[Opening Extracted entries section]
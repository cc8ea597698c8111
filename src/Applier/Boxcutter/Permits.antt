-- ===== src/Applier/Boxcutter/Permits.antt =====
-- Which revisions an action of the applier may delete or apply, and which secrets it may create:
-- what its parts keep.
use operator_controller.Prelude.{
  String, List, [], ◌∷◌, ◌++◌, Option, none, some, Result, not, ◌==◌, contains, In, inl, inr, refl,
}
use operator_controller.Exec.Keeps.{Keeps, Keeps-pure, Keeps-if, Keeps-bind, Keeps-or_fail}
use operator_controller.Applier.Packer.{EncodingApi, Secret, PackResult}
use operator_controller.Applier.Boxcutter.{
  Existing, Desired, Extension, OwnedSecret, ApplyError, ApiError, BoxCall, delete_revision,
  create_secret, apply_revision, PreflightCheck, Boxcutter, Calls, BoxStep, BoxCluster, ask,
}
use operator_controller.Applier.Boxcutter.Apply.{
  embed, request, run_pre_authorization_checks, create_secrets, patch_owner_refs_on_secrets,
  patch_secret_owner_references, ensure_secret_owner_references, create_packed,
}
use operator_controller.Applier.Boxcutter.Rollout.{
  InstallState, needs_install, needs_upgrade, unchanged, compare_with, attempt, run_preflight,
  run_preflights, ensure_owners, should_skip_preflight,
}

module _ {O R : Type 0} where
  module _ (Delete : String → Type 0) (Create : Secret → Type 0)
      (Apply : Desired O R → Type 0) where
    abbrev pub Permits : BoxCall O R → Type 0
    Permits (delete_revision name) = Delete name
    Permits (create_secret s) = Create s
    Permits (apply_revision d) = Apply d
    Permits _ = Unit

    abbrev pub AllPermitted : Calls O R → Type 0
    AllPermitted [] = Unit
    AllPermitted (c ∷ cs) = Permits c × AllPermitted cs

    pub AllPermitted-append :
        (cs : Calls O R) (c : BoxCall O R)
        → Permits c
        → AllPermitted cs
        → AllPermitted (cs ++ c ∷ [])
    AllPermitted-append [] c k h = (k, tt)
    AllPermitted-append (d ∷ cs) c k h = (h.0, AllPermitted-append cs c k h.1)

  -- any revision may be applied
  abbrev pub IsPermitted : (String → Type 0) → (Secret → Type 0) → Calls O R → Type 0
  IsPermitted Delete Create = AllPermitted Delete Create (λ _. Unit)

-- A predicate on the calls that every permitted call keeps.
pub record Rule (O R : Type 0) : Type 1 where
  pub Delete : String → Type 0
  pub Create : Secret → Type 0
  pub Apply : Desired O R → Type 0
  pub Holds : Calls O R → Type 0
  pub called :
      (cs : Calls O R) (c : BoxCall O R)
      → Permits Delete Create Apply c
      → Holds cs
      → Holds (cs ++ c ∷ [])

module _ {O R : Type 0} where
  abbrev pub permitting : (String → Type 0) → (Secret → Type 0) → (Desired O R → Type 0) → Rule O R
  permitting Delete Create Apply = record {
    Delete = Delete;
    Create = Create;
    Apply = Apply;
    Holds = AllPermitted Delete Create Apply;
    called = AllPermitted-append Delete Create Apply;
  }

  abbrev pub PermitsBy : Rule O R → BoxCall O R → Type 0
  PermitsBy u = Permits u.Delete u.Create u.Apply

  Keeps-ask :
      {E A : Type 0} (u : Rule O R) (c : BoxCall O R) (answer : Calls O R → Result E A)
      → PermitsBy u c
      → Keeps u.Holds (ask O R c answer)
  unfolding ask
  Keeps-ask u c answer k = record { at = λ s h. u.called s c k h }

module _ (x : EncodingApi) (R : Type 0) (cl : BoxCluster x.Object R) (bc : Boxcutter)
    (u : Rule x.Object R) where
  open x use {Object}

  abbrev pub KeepsPermitted : {E A : Type 0} → BoxStep Object R E A → Type 0
  KeepsPermitted m = Keeps u.Holds m

  pub Keeps-embed : {A : Type 0} (r : Result ApplyError A) → KeepsPermitted (embed x R cl bc r)
  unfolding embed
  Keeps-embed r = record { at = λ _ h. h }

  pub Keeps-request :
      {E A : Type 0} (c : BoxCall Object R) (answer : Calls Object R → Result E A)
      (wrap : E → ApplyError)
      → PermitsBy u c
      → KeepsPermitted (request x R cl bc c answer wrap)
  Keeps-request c answer wrap k =
      Keeps-or_fail (ask Object R c answer) (λ e s. s) wrap (Keeps-ask u c answer k) (λ _ _ h. h)

  pub Keeps-run_pre_authorization_checks :
      (rev : Desired Object R) → KeepsPermitted (run_pre_authorization_checks x R cl bc rev)
  unfolding run_pre_authorization_checks
  Keeps-run_pre_authorization_checks rev =
      Keeps-if (not bc.has_pre_authorizer) _ _ (Keeps-pure tt)
        (Keeps-bind (embed x R cl bc _) _ (Keeps-embed _) (λ _. Keeps-request _ _ _ tt))

  pub Keeps-create_secrets :
      (secrets : List Secret)
      → ((s : Secret) → In s secrets → u.Create s)
      → KeepsPermitted (create_secrets x R cl bc secrets)
  unfolding create_secrets
  Keeps-create_secrets [] h = Keeps-pure tt
  Keeps-create_secrets (s ∷ rest) h =
      Keeps-bind _ _ (Keeps-request _ _ _ (h s (inl refl)))
        (λ _. Keeps-create_secrets rest (λ t m. h t (inr m)))

  Keeps-patch_owner_refs_on_secrets :
      (cos : Existing) (secrets : List OwnedSecret)
      → KeepsPermitted (patch_owner_refs_on_secrets x R cl bc cos secrets)
  unfolding patch_owner_refs_on_secrets
  Keeps-patch_owner_refs_on_secrets cos [] = Keeps-pure tt
  Keeps-patch_owner_refs_on_secrets cos (s ∷ rest) =
      let others = Keeps-patch_owner_refs_on_secrets cos rest in
      Keeps-if (contains cos.uid s.owner_uids) _ _ others
        (Keeps-bind _ _ (Keeps-request _ _ _ tt) (λ _. others))

  pub Keeps-patch_secret_owner_references :
      (rev : Desired Object R) (secrets : List Secret)
      → KeepsPermitted (patch_secret_owner_references x R cl bc rev secrets)
  unfolding patch_secret_owner_references
  Keeps-patch_secret_owner_references rev [] = Keeps-pure tt
  Keeps-patch_secret_owner_references rev (s ∷ rest) =
      Keeps-bind _ _ (Keeps-request _ _ _ tt) (λ cos. Keeps-patch_owner_refs_on_secrets cos _)

  pub Keeps-create_packed :
      (rev : Desired Object R) (packed : PackResult)
      → ((s : Secret) → In s packed.secrets → u.Create s)
      → ((d : Desired Object R) → u.Apply d)
      → KeepsPermitted (create_packed x R cl bc rev packed)
  unfolding create_packed
  Keeps-create_packed rev packed h k = Keeps-bind _ _ (Keeps-create_secrets packed.secrets h) (λ _.
      Keeps-bind _ _ (Keeps-request _ _ _ (k _))
        (λ _. Keeps-patch_secret_owner_references rev packed.secrets))

  pub Keeps-ensure_owners :
      (current : Option Existing) → KeepsPermitted (ensure_owners x R cl bc current)
  unfolding ensure_owners ensure_secret_owner_references
  Keeps-ensure_owners none = Keeps-pure tt
  Keeps-ensure_owners (some current) = Keeps-if (current.name == "") _ _ (Keeps-pure tt) (
      Keeps-bind _ _ (Keeps-request _ _ _ tt)
        (λ secrets. Keeps-patch_owner_refs_on_secrets current _))

  Keeps-attempt :
      (c : BoxCall Object R) (answer : Calls Object R → Result ApiError Unit)
      → PermitsBy u c
      → KeepsPermitted (attempt x R cl bc c answer)
  unfolding attempt
  Keeps-attempt c answer k = record { at = λ s h. u.called s c k h }

  pub Keeps-compare_with :
      (ext : Extension) (desired : Desired Object R) (current : Option Existing)
      → ((d : Desired Object R) → u.Apply d)
      → KeepsPermitted (compare_with x R cl bc ext desired current)
  unfolding compare_with
  Keeps-compare_with ext desired none k = Keeps-pure _
  Keeps-compare_with ext desired (some current) k = Keeps-bind _ _ (Keeps-embed _) (λ packed.
      Keeps-bind _ _ (Keeps-attempt _ _ (k _))
        (λ answer. Keeps-bind _ _ (Keeps-embed _) (λ state. Keeps-pure _)))

  Keeps-run_preflight :
      (state : InstallState) (check : PreflightCheck) (objs : List Object)
      → KeepsPermitted (run_preflight x R cl bc state check objs)
  Keeps-run_preflight needs_install check objs = Keeps-request _ _ _ tt
  Keeps-run_preflight needs_upgrade check objs = Keeps-request _ _ _ tt
  Keeps-run_preflight unchanged check objs = Keeps-pure tt

  pub Keeps-run_preflights :
      (ext : Extension) (state : InstallState) (objs : List Object) (checks : List PreflightCheck)
      → KeepsPermitted (run_preflights x R cl bc ext state objs checks)
  unfolding run_preflights
  Keeps-run_preflights ext state objs [] = Keeps-pure tt
  Keeps-run_preflights ext state objs (check ∷ checks) =
      Keeps-bind _ _
        (Keeps-if (should_skip_preflight check ext) _ _ (Keeps-pure tt)
          (Keeps-run_preflight state check objs))
        (λ _. Keeps-run_preflights ext state objs checks)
[Closing Extracted entries section]
◆ Task item
Would you please set down the lines from the one with "Keeps-compare_with ext desired none" to the end of the data above, exactly and without any other lines?

◆ Task response
  Keeps-compare_with ext desired none k = Keeps-pure _
  Keeps-compare_with ext desired (some current) k = Keeps-bind _ _ (Keeps-embed _) (λ packed.
      Keeps-bind _ _ (Keeps-attempt _ _ (k _))
        (λ answer. Keeps-bind _ _ (Keeps-embed _) (λ state. Keeps-pure _)))

  Keeps-run_preflight :
      (state : InstallState) (check : PreflightCheck) (objs : List Object)
      → KeepsPermitted (run_preflight x R cl bc state check objs)
  Keeps-run_preflight needs_install check objs = Keeps-request _ _ _ tt
  Keeps-run_preflight needs_upgrade check objs = Keeps-request _ _ _ tt
  Keeps-run_preflight unchanged check objs = Keeps-pure tt

  pub Keeps-run_preflights :
      (ext : Extension) (state : InstallState) (objs : List Object) (checks : List PreflightCheck)
      → KeepsPermitted (run_preflights x R cl bc ext state objs checks)
  unfolding run_preflights
  Keeps-run_preflights ext state objs [] = Keeps-pure tt
  Keeps-run_preflights ext state objs (check ∷ checks) =
      Keeps-bind _ _
        (Keeps-if (should_skip_preflight check ext) _ _ (Keeps-pure tt)
          (Keeps-run_preflight state check objs))
        (λ _. Keeps-run_preflights ext state objs checks)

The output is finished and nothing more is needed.